Ganz kurz gefasst vorneweg: Was bedeutet Intuitives Essen, Intuitive Ernährung und Intuitive Eating überhaupt?
Was ist intuitives Essen überhaupt?
Intuitives Essen oder englisch nach den Begründerinnen Evelyn Tribole un Elyse Resch „Intuitive Eating“ ist kein neuer Trend oder eine versteckte Diät. Es ist die Art, wie wir alle als Kinder gegessen haben – bevor sich erlernte und abgeschaute Essensregeln und -verbote sprichwörtlich über dieses innere Gespür für unseren Körper gelegt haben. Das Konzept wird seit über 20 Jahren wissenschaftlich untersucht und seine Wirksamkeit wurde in über 120 Studien bestätigt.
Intuitiv-Essen-Erfahrungen: drei Beispiele aus der Praxis
Mehr als nur müde - Wie Frau R. lernte, nicht nur andere zu nähren
Frau R. kam mit 45 Jahren zu mir in die Beratung. Sie berichtete mir, dass sie schon immer irgendwie mit ihrem Körper zu kämpfen hatte, dass sie sich immer schon zu dick fand. Sie merkte, dass dieses Thema ihr so viel Energie raubte bei ihrem sehr vollen Alltag, dass sie es einfach nicht mehr aushielt. Sie hatte das Gefühl, wenn sie das jetzt nicht endlich in den Griff bekäme, würde sie unter dieser Last zusammenbrechen.
Frau R. ist Mutter eines Kindes und lebt in einer Partnerschaft. Sie hat einen Vollzeitberuf und organisiert den Familienalltag. Ihr Leben war geprägt von ständiger Fürsorge für andere – bei wenig Schlaf pro Nacht, häufigen nächtlichen Unterbrechungen durch ihr Kind und Arbeiten bis spätabends, sobald das Kind im Bett war.

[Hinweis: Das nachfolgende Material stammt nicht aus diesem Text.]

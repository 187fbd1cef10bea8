-- ===== src/Facilitator/Client.antt =====
-- src/mainnet/proof-facilitator-client.mainnet.ts: the adapter's three operations. Each one gives
-- the requests that it sends, and what becomes of it.
pub mod Laws
pub mod Tests
use x402_worker_template.Prelude.{
  ℕ, String, Bool, not, Option, none, some, List, [], nat_eq, length, if◌then◌else◌,
}
use x402_worker_template.Js.{Value, null, Fields, has_key, as_object}
use x402_worker_template.Authorization.{PaymentPayload}
use x402_worker_template.Policy.{PaymentRequirements}
use x402_worker_template.Facilitator.Errors.{
  http_status, invalid_json, Thrown, adapter, unknown, Result, ok, threw, error,
  to_safe_facilitator_transport_error,
}
use x402_worker_template.Facilitator.Responses.{
  VerifyResponse, SettleResponse, parse_verify_response_json, parse_settle_response_json,
}
use x402_worker_template.Facilitator.Responses.Supported.{
  SupportedResponse, parse_supported_response_json,
}
use x402_worker_template.Facilitator.Http.{
  Operation, supported, verify, settle, Platform, Request, Response, Fetch, is_ok,
  execute_proof_facilitator_request, read_facilitator_json,
}
use x402_worker_template.Facilitator.Http.Body.{ResponseBody, read_bounded_response_body}

-- A response, or what is thrown: an error of the adapter or of the platform, or a `VerifyError` or
-- `SettleError` of the x402 packages with the status and the body.
pub data Outcome {ℓ} (A : Type ℓ) : Type ℓ where
  answered : A → Outcome A
  failed : Thrown → Outcome A
  refused : ℕ → Value → Outcome A

abbrev request_failed {ℓ} : {A : Type ℓ} → String → Outcome A
request_failed message = failed (adapter (error message http_status))

-- `readValidatedFacilitatorJsonResponse`, with the operation's parser.
abbrev outcome_of {ℓ} : {A : Type ℓ} → Result A → Outcome A
outcome_of (ok a) = answered a
outcome_of (threw t) = failed t

abbrev parsed_with {ℓ} : {A : Type ℓ} → (Value → Result A) → Result Value → Outcome A
parsed_with parse (threw t) = failed t
parsed_with parse (ok v) = outcome_of (parse v)

-- What is left of a body that is read for an error: nothing, a value, or an error that is thrown.
abbrev parsed_error : Option Value → Result Value
parsed_error none = threw (adapter (to_safe_facilitator_transport_error unknown invalid_json))
parsed_error (some v) = ok v

abbrev error_body : Platform → Result (List ℕ) → Result Value
error_body p (threw (adapter e)) = ok null
error_body p (threw t) = threw (adapter (to_safe_facilitator_transport_error t invalid_json))
error_body p (ok bytes) =
    if nat_eq (length bytes) 0 then ok null else parsed_error (p.parse_bytes bytes)

try_parse_error_body : Platform → ResponseBody → Result Value
unfolding read_bounded_response_body to_safe_facilitator_transport_error length
try_parse_error_body p b = error_body p (read_bounded_response_body p.limits b)

-- `key in parsed` of an object decides between the two errors.
abbrev refused_if {ℓ} : {A : Type ℓ} → String → String → ℕ → Value → Option Fields → Outcome A
refused_if key message status v none = request_failed message
refused_if key message status v (some fs) =
    if has_key key fs then refused status v else request_failed message

abbrev failure_of {ℓ} : {A : Type ℓ} → String → String → ℕ → Result Value → Outcome A
failure_of key message status (threw t) = failed t
failure_of key message status (ok v) = refused_if key message status v (as_object v)

abbrev supported_response : Platform → Result Response → Outcome SupportedResponse
supported_response p (threw t) = failed t
supported_response p (ok r) =
    if not (is_ok r.status)
    then request_failed "Facilitator supported request failed."
    else parsed_with parse_supported_response_json (read_facilitator_json p r)

-- What `verify` and `settle` make of a response: its parser, and for an error the property that it
-- must have and the message where it has not.
abbrev response_with {ℓ} :
    {A : Type ℓ} → (Value → Result A) → String → String → Platform → Result Response → Outcome A
response_with parse key message p (threw t) = failed t
response_with parse key message p (ok r) =
    if is_ok r.status
    then parsed_with parse (read_facilitator_json p r)
    else failure_of key message r.status (try_parse_error_body p r.content)

module _ (p : Platform) (fetch : Fetch) where
  unfoldable pub get_supported : List Request × Outcome SupportedResponse
  unfolding execute_proof_facilitator_request read_facilitator_json parse_supported_response_json
  get_supported =
      let out = execute_proof_facilitator_request p fetch supported none none in
      (out.0, supported_response p out.1)

  unfoldable pub verify_payment :
      PaymentPayload → PaymentRequirements → List Request × Outcome VerifyResponse
  unfolding execute_proof_facilitator_request read_facilitator_json parse_verify_response_json
      try_parse_error_body
  verify_payment payload requirements =
      let out =
        execute_proof_facilitator_request p fetch verify (some payload) (some requirements) in
      (
        out.0,
        response_with parse_verify_response_json "isValid" "Facilitator verify request failed." p
            out.1,
      )

  unfoldable pub settle_payment :
      PaymentPayload → PaymentRequirements → List Request × Outcome SettleResponse
  unfolding execute_proof_facilitator_request read_facilitator_json parse_settle_response_json
      try_parse_error_body
  settle_payment payload requirements =
      let out =
        execute_proof_facilitator_request p fetch settle (some payload) (some requirements) in
      (
        out.0,
        response_with parse_settle_response_json "success" "Facilitator settle request failed." p
            out.1,
      )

Das Paradox des Dauerhungers
Sie beschrieb mir ihr Essverhalten so: Sie würde sehr viel zwischendurch essen und Essen suchen, darunter sei auch sehr viel Schokoladiges und überhaupt Süßes oder schnelle Snacks unterwegs. Als ich sie danach fragte, ob sie sonst volle Mahlzeiten isst, ob sie Frühstück, Mittag und Abendessen isst und sich satt isst, war sie erstaunt – denn sie musste das verneinen.
In weiteren Sitzungen stellte sich heraus, dass hinter dem ständigen Snacken ein grundlegender Mangel stand: Frau R. nährte ihren Körper nie richtig. Sie frühstückte nie, obwohl sie morgens großen Hunger hatte. Ihre Mahlzeitenstruktur war praktisch nicht existent, während sie gleichzeitig ständig nach Süßigkeiten suchte.

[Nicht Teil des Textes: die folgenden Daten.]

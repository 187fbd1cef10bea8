-- ===== src/Facilitator/Errors/Laws.antt =====
-- Results that are the same carry the same value.
use x402_worker_template.Prelude.{◌≡◌, ap}
use x402_worker_template.Facilitator.Errors.{Result, ok, threw}

pub ok_inj : {A : Type 0} → (a b : A) → ok a ≡ ok b → a ≡ b
ok_inj {A} a b h = ap (from a) h
  where
    from : A → Result A → A
    from d (ok x) = x
    from d (threw t) = d
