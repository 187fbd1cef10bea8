-- ===== src/Facilitator/Http/Laws.antt =====
-- proof-facilitator-http.mainnet.ts: where a request goes, and which response is let through.
use x402_worker_template.Prelude.{
  ℕ, String, true, false, Option, none, some, List, [], ◌∷◌, ◌≡◌, ◌⊎◌, refl, ap, subst, arith, inl,
  inr, str_eq, str_eq_iff, Bool-cases,
}
use x402_worker_template.Js.Url.{Url}
use x402_worker_template.Authorization.{PaymentPayload}
use x402_worker_template.Policy.{PaymentRequirements}
use x402_worker_template.Facilitator.Errors.{AdapterError, Thrown, Result, ok, threw}
use x402_worker_template.Facilitator.Errors.Laws.{ok_inj}
use x402_worker_template.Facilitator.Http.{
  facilitator_origin, Operation, operation_path, assert_fixed_proof_facilitator_url, Platform,
  or_ok, fixed, build_fixed_proof_facilitator_url, Request, Response, is_redirect, Fetch, body_of,
  method_of, or_response, with_response_url, check_response, send,
  execute_proof_facilitator_request, is_json_content_type, parsed_bytes, json_of,
  read_facilitator_json,
}
use x402_worker_template.Facilitator.Http.Body.{ResponseBody, read_bounded_response_body}
use x402_worker_template.Js.{Value}

-- The one URL of an operation.
pub record IsFixed (u : Url) (path : String) : Type 0 where
  origin : u.origin ≡ facilitator_origin
  protocol : u.protocol ≡ "https:"
  username : u.username ≡ ""
  password : u.password ≡ ""
  port : (u.port ≡ "") ⊎ (u.port ≡ "443")
  pathname : u.pathname ≡ path
  search : u.search ≡ ""
  hash : u.hash ≡ ""

checked_url-IsFixed :
    (u : Url) (path : String) → assert_fixed_proof_facilitator_url u path ≡ none → IsFixed u path
unfolding assert_fixed_proof_facilitator_url
checked_url-IsFixed u path h = record {
  origin = ground (arith, str_eq_iff u.origin facilitator_origin);
  protocol = ground (arith, str_eq_iff u.protocol "https:");
  username = ground (arith, str_eq_iff u.username "");
  password = ground (arith, str_eq_iff u.password "");
  port = ground (arith, str_eq_iff u.port "", str_eq_iff u.port "443");
  pathname = ground (arith, str_eq_iff u.pathname path);
  search = ground (arith, str_eq_iff u.search "");
  hash = ground (arith, str_eq_iff u.hash "");
}

by_check :
    (path : String) (u v : Url) (a : Option AdapterError)
    → assert_fixed_proof_facilitator_url v path ≡ a
    → or_ok a v ≡ ok u
    → IsFixed u path
by_check path u v none g f =
    subst (λ w. IsFixed w path) (ok_inj v u f) (checked_url-IsFixed v path g)
by_check path u v (some e) g f = cc f

build-IsFixed :
    (p : Platform) (path : String) (u : Url)
    → build_fixed_proof_facilitator_url p path ≡ ok u
    → IsFixed u path
unfolding build_fixed_proof_facilitator_url
build-IsFixed p path u h = by_url (p.resolve_url path facilitator_origin) h
  where
    by_url : (o : Option Url) → fixed path o ≡ ok u → IsFixed u path
    by_url none e = cc e
    by_url (some v) e = by_check path u v (assert_fixed_proof_facilitator_url v path) refl e

-- A response comes from that URL, or from an unnamed one and is no redirect.
pub data IsFrom (p : Platform) (path : String) (r : Response) : Type 0 where
  unnamed : r.url ≡ "" → is_redirect r.status ≡ false → IsFrom p path r
  named : (u : Url) → p.parse_url r.url ≡ some u → IsFixed u path → IsFrom p path r

named_response :
    (p : Platform) (path : String) (o : Option Url) (r q : Response)
    → p.parse_url r.url ≡ o
    → with_response_url path o r ≡ ok q
    → (r ≡ q) × IsFrom p path r
named_response p path none r q e h = cc h
named_response p path (some u) r q e h =
    by_answer (assert_fixed_proof_facilitator_url u path) refl h
  where
    by_answer :
        (a : Option AdapterError)
        → assert_fixed_proof_facilitator_url u path ≡ a
        → or_response a r ≡ ok q
        → (r ≡ q) × IsFrom p path r
    by_answer none g f = (ok_inj r q f, named u e (checked_url-IsFixed u path g))
    by_answer (some err) g f = cc f

check_response-IsFrom :
    (p : Platform) (path : String) (a : Result Response) (q : Response)
    → check_response p path a ≡ ok q
    → (a ≡ ok q) × IsFrom p path q
unfolding check_response
check_response-IsFrom p path (threw t) q h = cc h
check_response-IsFrom p path (ok r) q h = elim (Bool-cases (str_eq r.url "")) [
  | inl empty ↦ elim (Bool-cases (is_redirect r.status)) [
    | inl e ↦ cc (rw (empty, e) at h)
    | inr e ↦
        let same : r ≡ q = ok_inj r q (rw (empty, e) at h) in
        (ap ok same, subst (IsFrom p path) same (unnamed (ground (arith, str_eq_iff r.url "")) e))
  ]
  | inr some_url ↦
      let (same, from) = named_response p path (p.parse_url r.url) r q refl (rw some_url at h) in
      (ap ok same, subst (IsFrom p path) same from)
]

-- What is sent, and the response that is let through.
pub data IsExchange (p : Platform) (fetch : Fetch) (operation : Operation)
    (payload : Option PaymentPayload) (requirements : Option PaymentRequirements)
    : List Request × Result Response → Type 0 where
  unsent : (t : Thrown) → IsExchange p fetch operation payload requirements ([], threw t)
  lost :
      (r : Request) (t : Thrown)
      → IsExchange p fetch operation payload requirements (r ∷ [], threw t)
  received :
      (r : Request) (u : Url) (a : Response)
      → IsFixed u (operation_path operation)
      → r.url ≡ u.href
      → r.method ≡ method_of operation
      → body_of p operation payload requirements ≡ ok r.body
      → fetch r ≡ ok a
      → IsFrom p (operation_path operation) a
      → IsExchange p fetch operation payload requirements (r ∷ [], ok a)

pub execute-IsExchange :
    (p : Platform) (fetch : Fetch) (operation : Operation) (payload : Option PaymentPayload)
    (requirements : Option PaymentRequirements)
    → IsExchange p fetch operation payload requirements
        (execute_proof_facilitator_request p fetch operation payload requirements)
unfolding execute_proof_facilitator_request
execute-IsExchange p fetch operation payload requirements =
    by_request (build_fixed_proof_facilitator_url p (operation_path operation))
      (body_of p operation payload requirements) refl refl
  where
    by_response :
        (r : Request) (u : Url) (a : Result Response)
        → IsFixed u (operation_path operation)
        → r.url ≡ u.href
        → r.method ≡ method_of operation
        → body_of p operation payload requirements ≡ ok r.body
        → check_response p (operation_path operation) (fetch r) ≡ a
        → IsExchange p fetch operation payload requirements (r ∷ [], a)
    by_response r u (threw t) f e m b c = lost r t
    by_response r u (ok a) f e m b c =
        let (same, from) = check_response-IsFrom p (operation_path operation) (fetch r) a c in
        received r u a f e m b same from

    by_request :
        (u : Result Url) (body : Result (Option String))
        → build_fixed_proof_facilitator_url p (operation_path operation) ≡ u
        → body_of p operation payload requirements ≡ body
        → IsExchange p fetch operation payload requirements (send p fetch operation u body)
    by_request (threw t) body e b = unsent t
    by_request (ok u) (threw t) e b = unsent t
    by_request (ok u) (ok body) e b =
        by_response _ u _ (build-IsFixed p (operation_path operation) u e) refl refl b refl

-- The JSON that a body holds within the limit.
pub record Holds (p : Platform) (b : ResponseBody) (v : Value) : Type 0 where
  pub bytes : List ℕ
  pub read : read_bounded_response_body p.limits b ≡ ok bytes
  pub json : p.parse_bytes bytes ≡ some v

json_of-Holds :
    (p : Platform) (b : ResponseBody) (bytes : Result (List ℕ)) (v : Value)
    → read_bounded_response_body p.limits b ≡ bytes
    → json_of p bytes ≡ ok v
    → Holds p b v
json_of-Holds p b (threw t) v e h = cc h
json_of-Holds p b (ok bytes) v e h = by_json (p.parse_bytes bytes) refl h
  where
    by_json : (o : Option Value) → p.parse_bytes bytes ≡ o → parsed_bytes o ≡ ok v → Holds p b v
    by_json none f g = cc g
    by_json (some w) f g = record {
      bytes = bytes;
      read = e;
      json = subst (λ x. p.parse_bytes bytes ≡ some x) (ok_inj w v g) f;
    }

pub read_facilitator_json-Holds :
    (p : Platform) (r : Response) (v : Value)
    → read_facilitator_json p r ≡ ok v
    → (is_json_content_type r.content_type ≡ true) × Holds p r.content v
unfolding read_facilitator_json
read_facilitator_json-Holds p r v h = elim (Bool-cases (is_redirect r.status)) [
  | inl e ↦ cc (rw e at h)
  | inr e ↦ elim (Bool-cases (is_json_content_type r.content_type)) [
    | inl j ↦ (j, json_of-Holds p r.content _ v refl (rw (e, j) at h))
    | inr j ↦ cc (rw (e, j) at h)
  ]
]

„Ich merkte, dass ich morgens eigentlich großen Hunger hatte“
Wir starteten damit, dass Frau R. nochmal genau in ihrem Alltag überprüfte, wann sie eigentlich was brauchte. Wir arbeiteten daran, innere Hunger- und Sättigungssignale wahrzunehmen und sich dann auch Stück für Stück daran anzunähern, auch tatsächlich zu essen, wenn sie hungrig war.

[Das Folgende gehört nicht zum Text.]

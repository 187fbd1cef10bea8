-- ===== src/Facilitator/Client/Laws.antt =====
-- proof-facilitator-client.mainnet.ts: what a response of the adapter rests on.
use x402_worker_template.Prelude.{
  ℕ, String, true, false, Option, none, some, List, [], ◌∷◌, ◌≡◌, ◌⊎◌, refl, sym, ◌∙◌, subst, arith,
  inl, inr, nat_eq, Bool-cases, length,
}
use x402_worker_template.Js.{Value, null, Fields, has_key, as_object}
use x402_worker_template.Js.Url.{Url}
use x402_worker_template.Authorization.{PaymentPayload}
use x402_worker_template.Policy.{PaymentRequirements}
use x402_worker_template.Facilitator.Errors.{
  Thrown, adapter, aborted, type_error, unknown, Result, ok, threw,
}
use x402_worker_template.Facilitator.Errors.Laws.{ok_inj}
use x402_worker_template.Facilitator.Responses.{
  parse_verify_response_json, parse_settle_response_json,
}
use x402_worker_template.Facilitator.Http.{
  Operation, body_of, method_of, verify, settle, operation_path, Platform, Request, Response, Fetch,
  is_ok, is_json_content_type, read_facilitator_json,
}
use x402_worker_template.Facilitator.Http.Body.{ResponseBody, read_bounded_response_body}
use x402_worker_template.Facilitator.Http.Laws.{
  IsFixed, IsFrom, IsExchange, lost, received, execute-IsExchange, Holds,
  read_facilitator_json-Holds,
}
use x402_worker_template.Facilitator.Client.{
  Outcome, answered, failed, refused, parsed_with, outcome_of, parsed_error, error_body,
  try_parse_error_body, failure_of, refused_if, response_with, verify_payment, settle_payment,
}

-- A response that an answer may be read from, or a refusal.
data Shows {A : Type 0} (parse : Value → Result A) (key : String) (p : Platform) (a : Response)
    : Outcome A → Type 0 where
  shows_failure : (t : Thrown) → Shows parse key p a (failed t)
  shows_answer :
      (v : Value) (x : A)
      → is_ok a.status ≡ true
      → is_json_content_type a.content_type ≡ true
      → Holds p a.content v
      → parse v ≡ ok x
      → Shows parse key p a (answered x)
  shows_refusal :
      (v : Value) (fs : Fields)
      → is_ok a.status ≡ false
      → Holds p a.content v
      → as_object v ≡ some fs
      → has_key key fs ≡ true
      → Shows parse key p a (refused a.status v)

-- What the body of an error gives: nothing that matters, or JSON.
error_body-Holds :
    (p : Platform) (b : ResponseBody) (bytes : Result (List ℕ)) (v : Value)
    → read_bounded_response_body p.limits b ≡ bytes
    → error_body p bytes ≡ ok v
    → (v ≡ null) ⊎ Holds p b v
error_body-Holds p b (threw (adapter e)) v g h = inl (ok_inj v null (sym h))
error_body-Holds p b (threw aborted) v g h = cc h
error_body-Holds p b (threw type_error) v g h = cc h
error_body-Holds p b (threw unknown) v g h = cc h
error_body-Holds p b (ok bytes) v g h = elim (Bool-cases (nat_eq (length bytes) 0)) [
  | inl e ↦ inl (ok_inj v null (sym (rw e at h)))
  | inr e ↦ inr (by_json (p.parse_bytes bytes) refl (rw e at h))
]
  where
    by_json : (o : Option Value) → p.parse_bytes bytes ≡ o → parsed_error o ≡ ok v → Holds p b v
    by_json none f k = cc k
    by_json (some w) f k = record {
      bytes = bytes;
      read = g;
      json = subst (λ x. p.parse_bytes bytes ≡ some x) (ok_inj w v k) f;
    }

module _ {A : Type 0} (parse : Value → Result A) (key message : String) (p : Platform) where
  answer-Shows :
      (a : Response) (v : Result Value)
      → is_ok a.status ≡ true
      → read_facilitator_json p a ≡ v
      → Shows parse key p a (parsed_with parse v)
  answer-Shows a (threw t) e h = shows_failure t
  answer-Shows a (ok v) e h = by_parse (parse v) refl
    where
      by_parse : (r : Result A) → parse v ≡ r → Shows parse key p a (outcome_of r)
      by_parse (threw t) f = shows_failure t
      by_parse (ok x) f =
          let (json, holds) = read_facilitator_json-Holds p a v h in shows_answer v x e json holds f

  refusal-Shows :
      (a : Response) (v : Value) (o : Option Fields)
      → is_ok a.status ≡ false
      → (v ≡ null) ⊎ Holds p a.content v
      → as_object v ≡ o
      → Shows parse key p a (refused_if key message a.status v o)
  refusal-Shows a v none e h f = shows_failure _
  refusal-Shows a v (some fs) e (inl n) f = cc (rw n at f)
  refusal-Shows a v (some fs) e (inr h) f = elim (Bool-cases (has_key key fs)) [
    | inl k ↦ rw k (shows_refusal v fs e h f k)
    | inr k ↦ rw k (shows_failure _)
  ]

  failure-Shows :
      (a : Response) (v : Result Value)
      → is_ok a.status ≡ false
      → try_parse_error_body p a.content ≡ v
      → Shows parse key p a (failure_of key message a.status v)
  unfolding try_parse_error_body
  failure-Shows a (threw t) e h = shows_failure t
  failure-Shows a (ok v) e h =
      refusal-Shows a v (as_object v) e (error_body-Holds p a.content _ v refl h) refl

  response_with-Shows :
      (a : Response) → Shows parse key p a (response_with parse key message p (ok a))
  response_with-Shows a = elim (Bool-cases (is_ok a.status)) [
    | inl e ↦ rw e (answer-Shows a _ e refl)
    | inr e ↦ rw e (failure-Shows a _ e refl)
  ]

-- What an operation that posts a payment sends and gives.
pub data IsPosted {A : Type 0} (parse : Value → Result A) (key : String) (p : Platform)
    (fetch : Fetch) (operation : Operation) (payload : PaymentPayload)
    (requirements : PaymentRequirements) : List Request × Outcome A → Type 0 where
  unsent : (t : Thrown) → IsPosted parse key p fetch operation payload requirements ([], failed t)
  broken :
      (r : Request) (t : Thrown)
      → IsPosted parse key p fetch operation payload requirements (r ∷ [], failed t)
  answer :
      (r : Request) (u : Url) (a : Response) (v : Value) (x : A)
      → IsFixed u (operation_path operation)
      → r ≡ record {
        url = u.href;
        method = "POST";
        body = some (p.stringify_request payload requirements);
      }
      → fetch r ≡ ok a
      → IsFrom p (operation_path operation) a
      → is_ok a.status ≡ true
      → is_json_content_type a.content_type ≡ true
      → Holds p a.content v
      → parse v ≡ ok x
      → IsPosted parse key p fetch operation payload requirements (r ∷ [], answered x)
  refusal :
      (r : Request) (u : Url) (a : Response) (v : Value) (fs : Fields)
      → IsFixed u (operation_path operation)
      → r ≡ record {
        url = u.href;
        method = "POST";
        body = some (p.stringify_request payload requirements);
      }
      → fetch r ≡ ok a
      → IsFrom p (operation_path operation) a
      → is_ok a.status ≡ false
      → Holds p a.content v
      → as_object v ≡ some fs
      → has_key key fs ≡ true
      → IsPosted parse key p fetch operation payload requirements (r ∷ [], refused a.status v)

module _ {A : Type 0} (parse : Value → Result A) (key message : String) (p : Platform)
    (fetch : Fetch) (operation : Operation) (payload : PaymentPayload)
    (requirements : PaymentRequirements) where
  shown-IsPosted :
      (r : Request) (u : Url) (a : Response) (o : Outcome A)
      → IsFixed u (operation_path operation)
      → r ≡ record {
        url = u.href;
        method = "POST";
        body = some (p.stringify_request payload requirements);
      }
      → fetch r ≡ ok a
      → IsFrom p (operation_path operation) a
      → Shows parse key p a o
      → IsPosted parse key p fetch operation payload requirements (r ∷ [], o)
  shown-IsPosted r u a _ f e g from (shows_failure t) = broken r t
  shown-IsPosted r u a _ f e g from (shows_answer v x s j h k) = answer r u a v x f e g from s j h k
  shown-IsPosted r u a _ f e g from (shows_refusal v fs s h o k) =
      refusal r u a v fs f e g from s h o k

  exchanged-IsPosted :
      (out : List Request × Result Response)
      → method_of operation ≡ "POST"
      → body_of p operation (some payload) (some requirements)
        ≡ ok (some (p.stringify_request payload requirements))
      → IsExchange p fetch operation (some payload) (some requirements) out
      → IsPosted parse key p fetch operation payload requirements
          (out.0, response_with parse key message p out.1)
  exchanged-IsPosted _ m b (IsExchange.unsent t) = unsent t
  exchanged-IsPosted _ m b (lost r t) = broken r t
  exchanged-IsPosted _ m b (received r u a f e n c g from) =
      let body : r.body ≡ some (p.stringify_request payload requirements) =
        ok_inj _ _ (sym c ∙ b) in
      shown-IsPosted r u a _ f (ground (arith, e, n, m, body)) g from
        (response_with-Shows parse key message p a)

-- Whatever the network and the facilitator do, `verify` and `settle` send at most one request. A
-- response is given, or a `VerifyError` or `SettleError` thrown, only if that request is a POST of
-- the payload and the requirements to the fixed URL of the operation, and the network's response to
-- it is from that URL, or unnamed and no redirect. A response has a status from 200 to 299, the
-- content type of JSON, and a body within the limit that is JSON of the operation's shape. An error
-- has another status, which it reports with the JSON of the body, an object with the property
-- `isValid` or `success`.
pub verify_and_settle-IsPosted :
    (p : Platform) (fetch : Fetch) (payload : PaymentPayload) (requirements : PaymentRequirements)
    → IsPosted parse_verify_response_json "isValid" p fetch verify payload requirements
        (verify_payment p fetch payload requirements)
      × IsPosted parse_settle_response_json "success" p fetch settle payload requirements
          (settle_payment p fetch payload requirements)
unfolding verify_payment settle_payment
verify_and_settle-IsPosted p fetch payload requirements = (
  exchanged-IsPosted parse_verify_response_json "isValid" "Facilitator verify request failed." p
      fetch verify payload requirements _ refl refl
      (execute-IsExchange p fetch verify (some payload) (some requirements)),
  exchanged-IsPosted parse_settle_response_json "success" "Facilitator settle request failed." p
      fetch settle payload requirements _ refl refl
      (execute-IsExchange p fetch settle (some payload) (some requirements)),
)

Bei den Übungen zu Hungersignalen stellte sie dann fest:
„Ich merkte, dass ich morgens eigentlich großen Hunger hatte, aber niemals gegessen hatte.“
So veränderte sich langsam ihre Mahlzeitenstruktur. Sie aß mehrere volle Mahlzeiten und – ganz wichtig – hatte die Erlaubnis, trotzdem Süßigkeiten zu essen, wenn ihr danach war. Es zeigte sich aber, dass ihr Konsum von schokoladenhaltigen Lebensmitteln und Süßigkeiten weniger wurde, ohne dass sie sich dazu gezwungen hatte, denn es war immer alles erlaubt. Sie hatte einfach einen geringeren Bedarf, dachte seltener an Süßigkeiten zwischendurch. Kürzlich stellte sie fest, dass sie noch Süßigkeiten zu Hause hatte, die sie überhaupt nicht „gebraucht“ hatte.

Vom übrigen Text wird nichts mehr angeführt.